▶ EXERCISE DETAILS: The answer must be every line of the records in which the string "arith" appears.
+++ SUPPLIED MATERIAL +++
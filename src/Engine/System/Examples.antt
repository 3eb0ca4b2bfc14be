-- ===== src/Engine/System/Examples.antt =====
-- One shard and two callers: the second takes its number behind the first, and pushes before it.
use order_matching_engine_ru.Prelude.{ℕ, ◌+◌, ◌≤◌, ◌≡◌, refl, true, List, [], ◌∷◌, ◌++◌, arith}
use order_matching_engine_ru.Core.Types.{Command, Sequenced}
use order_matching_engine_ru.Engine.Channel.Queue.{Items, bounded_queue}
use order_matching_engine_ru.Engine.Sequencer.{new_sequencer, next, try_push, pop}
use order_matching_engine_ru.Engine.Shard.{symbol_of, shard_for}
use order_matching_engine_ru.Engine.Submit.{start}
use order_matching_engine_ru.Engine.System.{
  System, init, numbered_by, pushed_to, popped_from, number, push, take_next, Reach, begin, later,
}
use order_matching_engine_ru.Engine.System.Fifo.{for_shard, Reach-Fifo}
use order_matching_engine_ru.Engine.System.Numbers.{count, Reach-once}

abbrev a_cancel : ℕ → Command
a_cancel id = Command.cancel id 7

abbrev first_command : Sequenced
first_command = record { seq = 1; ts = 10; cmd = a_cancel 1 }

abbrev second_command : Sequenced
second_command = record { seq = 2; ts = 11; cmd = a_cancel 2 }

abbrev ring_of : List Sequenced → Items Sequenced
ring_of items = record { items = items; receiver = true }

abbrev two_numbered : System (bounded_queue Sequenced 4)
two_numbered =
    numbered_by (bounded_queue Sequenced 4) (a_cancel 2) 11
      (numbered_by (bounded_queue Sequenced 4) (a_cancel 1) 10 (init (bounded_queue Sequenced 4) 1))

abbrev second_pushed : System (bounded_queue Sequenced 4)
second_pushed =
    pushed_to (bounded_queue Sequenced 4) second_command (ring_of (second_command ∷ []))
      (first_command ∷ []) two_numbered

abbrev both_pushed : System (bounded_queue Sequenced 4)
both_pushed =
    pushed_to (bounded_queue Sequenced 4) first_command
      (ring_of (second_command ∷ first_command ∷ [])) [] second_pushed

abbrev one_popped : System (bounded_queue Sequenced 4)
one_popped =
    popped_from (bounded_queue Sequenced 4) 0 second_command (ring_of (first_command ∷ []))
      both_pushed

abbrev both_popped : System (bounded_queue Sequenced 4)
both_popped = popped_from (bounded_queue Sequenced 4) 0 first_command (ring_of []) one_popped

second_pushed-Reach :
    Reach (bounded_queue Sequenced 4) (init (bounded_queue Sequenced 4) 1) second_pushed
unfolding init start numbered_by next new_sequencer pushed_to try_push symbol_of shard_for
second_pushed-Reach =
    later
      (later (later begin (number (init (bounded_queue Sequenced 4) 1) (a_cancel 1) 10)) (
        number
          (numbered_by (bounded_queue Sequenced 4) (a_cancel 1) 10
            (init (bounded_queue Sequenced 4) 1))
          (a_cancel 2) 11))
      (push two_numbered (first_command ∷ []) [] second_command (ring_of [])
        (ring_of (second_command ∷ [])) refl refl refl)

both_pushed-Reach :
    Reach (bounded_queue Sequenced 4) (init (bounded_queue Sequenced 4) 1) both_pushed
unfolding init start numbered_by next new_sequencer pushed_to try_push symbol_of shard_for
both_pushed-Reach = later second_pushed-Reach (
    push second_pushed [] [] first_command (ring_of (second_command ∷ []))
      (ring_of (second_command ∷ first_command ∷ [])) refl refl refl)

one_popped-Reach : Reach (bounded_queue Sequenced 4) (init (bounded_queue Sequenced 4) 1) one_popped
unfolding init start numbered_by next new_sequencer pushed_to popped_from pop symbol_of shard_for
one_popped-Reach = later both_pushed-Reach (
    take_next both_pushed 0 second_command (ring_of (second_command ∷ first_command ∷ []))
      (ring_of (first_command ∷ [])) refl refl)

both_popped-Reach :
    Reach (bounded_queue Sequenced 4) (init (bounded_queue Sequenced 4) 1) both_popped
unfolding init start numbered_by next new_sequencer pushed_to popped_from pop symbol_of shard_for
both_popped-Reach =
    later one_popped-Reach
      (take_next one_popped 0 first_command (ring_of (first_command ∷ [])) (ring_of []) refl refl)

-- The shard takes number 2 before number 1.
overtakes : both_popped.popped 0 ≡ second_command ∷ first_command ∷ []
unfolding popped_from pushed_to numbered_by init
overtakes = refl

Reach-Fifo_example :
    one_popped.popped 0 ++ first_command ∷ []
    ≡ for_shard (bounded_queue Sequenced 4) 1 0 (second_command ∷ first_command ∷ [])
unfolding init start numbered_by pushed_to popped_from symbol_of shard_for
Reach-Fifo_example =
    Reach-Fifo (bounded_queue Sequenced 4) 1 one_popped-Reach 0 (ring_of (first_command ∷ [])) refl

Reach-once_example : count 2 (first_command ∷ []) + count 2 (second_command ∷ []) ≤ 1
unfolding init start numbered_by next new_sequencer pushed_to try_push symbol_of shard_for
Reach-once_example = Reach-once (bounded_queue Sequenced 4) 1 2 second_pushed-Reach (omega arith)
+++
▶ YOUR RESPONSE:
use order_matching_engine_ru.Prelude.{ℕ, ◌+◌, ◌≤◌, ◌≡◌, refl, true, List, [], ◌∷◌, ◌++◌, arith}
Reach-once_example = Reach-once (bounded_queue Sequenced 4) 1 2 second_pushed-Reach (omega arith)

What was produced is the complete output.